Responding to the New Yorker piece by Atul Gawande:

“Delivering healthcare to a large population of people in totally new ways paid for by totally different methods is uber complex, much harder than selling books online. Large scale pilot projects in healthcare have traditionally been much shorter than seven years. Why? Multiple reasons but mostly because pilot projects to rethink healthcare have been half-baked and small grant funded. Also, the amount of money people are potentially losing through experimentation is too large to risk a seven year investment and there’s little incentive to buck the system and create new ways of paying for or delivering healthcare.[…]

”[…]Healthcare experiments and pilot projects need to be rethought. We need the government to foster new platforms that markedly reduce communication overhead, much like Hello Health and the NHIN are doing.“ Jay Parkinson

Parkinson suggests a venture capitalist funding model – adopted from the technology sector, wherein the government would sponsor new and innovative methods for healthcare delivery. In other words, perhaps this is a mirror of the NIH funding model that powers biomedical research.

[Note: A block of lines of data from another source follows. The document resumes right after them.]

-- ===== src/ArtNet/Server/Steps.antt =====
-- `ArtNetServer` of custom_components/dmx/server/artnet_server.py as a system that moves by the
-- calls of its methods and the steps of its coroutines, in any order.
use ha_artnet_led.Base.{ℕ, Bool, [], some, none, if◌then◌else◌}
use ha_artnet_led.Base.Action.{◌>>=◌, nothing, change}
use ha_artnet_led.Base.Bytes.{Bytes}
use ha_artnet_led.Base.Text.{Text}
use ha_artnet_led.Base.Text.Format.{codes}
use ha_artnet_led.ArtNet.Address.{PortAddress}
use ha_artnet_led.ArtNet.PollReply.{locate_identify}
use ha_artnet_led.ArtNet.Server.{ArtNetServer, ManualNode, add_manual_node}
use ha_artnet_led.ArtNet.Server.Replies.{Method, add_port, remove_port}
use ha_artnet_led.ArtNet.Server.Sending.{send_dmx, loop_step}
use ha_artnet_led.ArtNet.Server.Nodes.{remove_stale_nodes}
use ha_artnet_led.ArtNet.Server.Receiving.{disable_input_flag}
use ha_artnet_led.ArtNet.Server.Dispatch.{handle_datagram}

-- `ArtNetServer.__init__`, with the addresses of the machine and the callbacks that are set later.
unfoldable pub make_server :
    Bytes → Bytes → Bool → Bool → Bool → Bool → ℕ → ℕ → Text → Text → Bool → Bool → ℕ → ArtNetServer
make_server own_ip mac state_callback new_callback update_callback lost_callback firmware_version
      oem short_name long_name dhcp_configured sequencing retransmit_time_ms =
    record {
      own_ip = own_ip;
      mac = mac;
      has_state_callback = state_callback;
      has_new_callback = new_callback;
      has_update_callback = update_callback;
      has_lost_callback = lost_callback;
      firmware_version = firmware_version;
      oem = oem;
      short_name = short_name;
      long_name = long_name;
      dhcp_configured = dhcp_configured;
      sequencing = sequencing;
      sequence_number = if sequencing then 1 else 0;
      retransmit_time_ms = retransmit_time_ms;
      store = [];
      own_port_addresses = [];
      node_change_subscribers = [];
      nodes_by_ip = [];
      nodes_by_port_address = [];
      manual_nodes_by_port_address = [];
      indicator_state = locate_identify;
      status_message = codes "Initializing ArtNet server...";
      art_poll_reply_counter = 0;
      swout_text = codes "Output";
      swin_text = codes "Input";
      startup_time = none;
      loops = [];
      next_loop = 0;
    }

-- `connection_made` and `connection_lost`
unfoldable pub connection_made : ℕ → ArtNetServer → ArtNetServer
connection_made now s = record s {
  startup_time = some now;
  status_message = codes "Server started successfully";
}

unfoldable pub connection_lost : ArtNetServer → ArtNetServer
connection_lost s = record s { status_message = codes "Server connection lost" }

-- What happens to the server: a call from outside, a datagram, or a coroutine that goes on.
pub data Operation : Type 0 where
  connect : ℕ → Operation
  disconnect : Operation
  send : ℕ → PortAddress → Bytes → Operation
  resume : ℕ → Operation
  datagram : ℕ → Bytes → Bytes → Operation
  clean : ℕ → Operation
  disable_input : ℕ → ℕ → Operation
  open_port : ℕ → PortAddress → Operation
  close_port : PortAddress → Operation
  add_manual : PortAddress → ManualNode → Operation

unfoldable pub perform : (Bytes → Text) → Operation → Method (Unit {0})
perform decode_replacing (connect now) = change (connection_made now)
perform decode_replacing disconnect = change connection_lost
perform decode_replacing (send now address payload) =
    send_dmx now address payload >>= λ task. nothing
perform decode_replacing (resume id) = loop_step id
perform decode_replacing (datagram now addr packet) =
    handle_datagram decode_replacing now addr packet
perform decode_replacing (clean now) = remove_stale_nodes now
perform decode_replacing (disable_input now r) = disable_input_flag now r
perform decode_replacing (open_port now address) = add_port now address
perform decode_replacing (close_port address) = remove_port address
perform decode_replacing (add_manual address node) = change (add_manual_node address node)

-- The states that a server reaches; an exception ends the operation and not the server.
pub data Serves (decode_replacing : Bytes → Text) (s : ArtNetServer) : ArtNetServer → Type 0 where
  begin : Serves decode_replacing s s
  then_perform :
      {t : ArtNetServer} (o : Operation)
      → Serves decode_replacing s t
      → Serves decode_replacing s (perform decode_replacing o t).after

Of course, what emerges from these pilot projects may not be a single, unified model that works for every community. Rather, we might find that some communities (e.g with a unique socioeconomic structure, disease prevalence, age distribution, or pattern of genetic variation) will require specialized delivery models. As such, I hope that the government can provide not only funding, but also a critical review system that encourages well-designed, properly-controlled studies of healthcare delivery.